No I didn't use a TC, but close........


----------



## Sporgon (Jun 6, 2016)

Looking at those casual long focal length shots I almost wonder if you, like myself, have treated yourself to a G3X. I've recently bought the EOS M3 system, and as I now have the viewfinder I got the G3X as well.

The tight, even grain pattern of the owl pic reminds me of these latest high tech sensors, but I'm still dubious that you'd have got to that size output with that definition.

Here's one of my first test shots at low ISO, full zoom. I've sized it up to 24" print.

I should add that unless you were very close I think you would have had trouble getting that seperation with such a small sensor. It's beginning to look to me as if you've cropped in tight on a FF and then resized up a fair bit.


----------



## fentiger (Jun 6, 2016)

Canon 1Dmk4 with a 400/2.8 mk1


----------



## d (Jun 6, 2016)

privatebydesign said:


> So my challenge, can anybody guess the camera, lens and settings that make this very presentable 16"x24" print?

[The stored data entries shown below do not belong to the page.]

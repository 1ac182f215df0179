-- ===== src/Crc16.antt =====
-- The CRC of an Amp block: class `Ccrc16` of src/include/crc16.h.
pub mod Rounds
pub mod Detect
mod Tests
use flimg.Prelude.{
  ℕ, zero, suc, ◌+◌, ◌-◌, ◌/◌, ◌%◌, bit_and, bit_xor, List, [], ◌∷◌, ◌==◌, ltb, if◌then◌else◌,
}

-- The object's one word of state, `crcval`: an `unsigned int` of 32 bits.
pub record Ccrc16 : Type 0 where
  pub crcval : ℕ

-- The constructor, and `reset`.
unfoldable pub reset : Ccrc16
reset = record { crcval = 0xFFFF }

-- `crcval & 0xFFFF`
unfoldable pub val : Ccrc16 → ℕ
val c = bit_and c.crcval 0xFFFF

-- One round of the loop in `update`.
unfoldable pub shift_round : ℕ → ℕ
shift_round crcval = if bit_and crcval 1 == 1 then bit_xor (crcval / 2) 0xA001 else crcval / 2

unfoldable pub shift_rounds : ℕ → ℕ → ℕ
shift_rounds zero crcval = crcval
shift_rounds (suc n) crcval = shift_rounds n (shift_round crcval)

unfoldable pub update : Ccrc16 → ℕ → Ccrc16
update s c = record { crcval = shift_rounds 8 (bit_xor s.crcval (bit_and c 0xFF)) }

-- The loop over the characters of `crc16(string)`.
unfoldable pub update_all : Ccrc16 → List ℕ → Ccrc16
update_all s [] = s
update_all s (c ∷ cs) = update_all (update s (bit_and c 0xFF)) cs

-- `crc16(string)`: the object's state is reset first.
unfoldable pub crc16 : List ℕ → ℕ
unfolding reset val update_all update shift_rounds shift_round
crc16 s = val (update_all reset s)

-- One digit of the `%X` conversion.
unfoldable pub hex_digit : ℕ → ℕ
hex_digit d = if ltb d 10 then b'0' + d else b'A' - 10 + d

-- `sval`: the `%04X` print of a value of sixteen bits.
unfoldable pub sval : ℕ → List ℕ
unfolding hex_digit
sval v =
    hex_digit (v / 4096 % 16)
    ∷ hex_digit (v / 256 % 16)
    ∷ hex_digit (v / 16 % 16)
    ∷ hex_digit (v % 16)
    ∷ []

unfoldable pub scrc16 : List ℕ → List ℕ
unfolding sval crc16
scrc16 s = sval (crc16 s)
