-- ===== src/IntMap.antt =====
-- `std::map<int, std::string>`, the `AMPmap` of src/include/amp.h: its entries in the order in
-- which an iterator visits them.
pub mod Laws
pub mod Extensionality
use flimg.Prelude.{ℕ, Bool, true, false, List, [], ◌∷◌, ◌++◌, Option, none, some}
use flimg.Prelude.{ltb, ◌==◌, if◌then◌else◌}
use flimg.Cstd.{ℤ, pos, negsuc}

-- `<` and `==` of `int`.
unfoldable pub ltb_int : ℤ → ℤ → Bool
ltb_int (pos m) (pos n) = ltb m n
ltb_int (pos m) (negsuc n) = false
ltb_int (negsuc m) (pos n) = true
ltb_int (negsuc m) (negsuc n) = ltb n m

unfoldable pub eqb_int : ℤ → ℤ → Bool
eqb_int (pos m) (pos n) = m == n
eqb_int (pos m) (negsuc n) = false
eqb_int (negsuc m) (pos n) = false
eqb_int (negsuc m) (negsuc n) = m == n

abbrev pub IntMap : Type 0
IntMap = List (ℤ × List ℕ)

unfoldable pub find : ℤ → IntMap → Option (List ℕ)
find k [] = none
find k ((j, v) ∷ m) = if eqb_int k j then some v else find k m

-- `insert` keeps an entry that is there.
unfoldable pub insert : ℤ → List ℕ → IntMap → IntMap
insert k v [] = (k, v) ∷ []
insert k v ((j, w) ∷ m) =
    let rest = insert k v m in
    if ltb_int k j then (k, v) ∷ (j, w) ∷ m else if eqb_int k j then (j, w) ∷ m else (j, w) ∷ rest

-- The values, one behind the other, in the order of their keys.
unfoldable pub join : IntMap → List ℕ
join [] = []
join ((k, v) ∷ m) = v ++ join m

I'll stick with Eldar's guess of the 1DsIII + 70-200 2.8. The noise looks about right for 1600, too, but maybe you're a gun at NR and it's actually ISO 3200 

To that I'll add an EF12 extension tube @ ~140mm

Shutter maybe 1/20 (you have IS I assume!), aperture f/4

I like owls - nice shot!

d.


----------



## Sporgon (Jun 6, 2016)

Yes I'm pretty certain now that the point you are making is one of mega pixels, and that this was probably a 1DsIII shot, probably on a 300 mil lens, but then cropped in to leave about 8 MP, then scaled back up to 24" output @ 240 dpi in PS. That would explain the extreme seperation. 

If so it's an interesting comparison with the latest high MP small sensors, because it show that beyond a certain point of potential resolution capture size (sensor size) has as much influence on IQ as cramping in more MP. 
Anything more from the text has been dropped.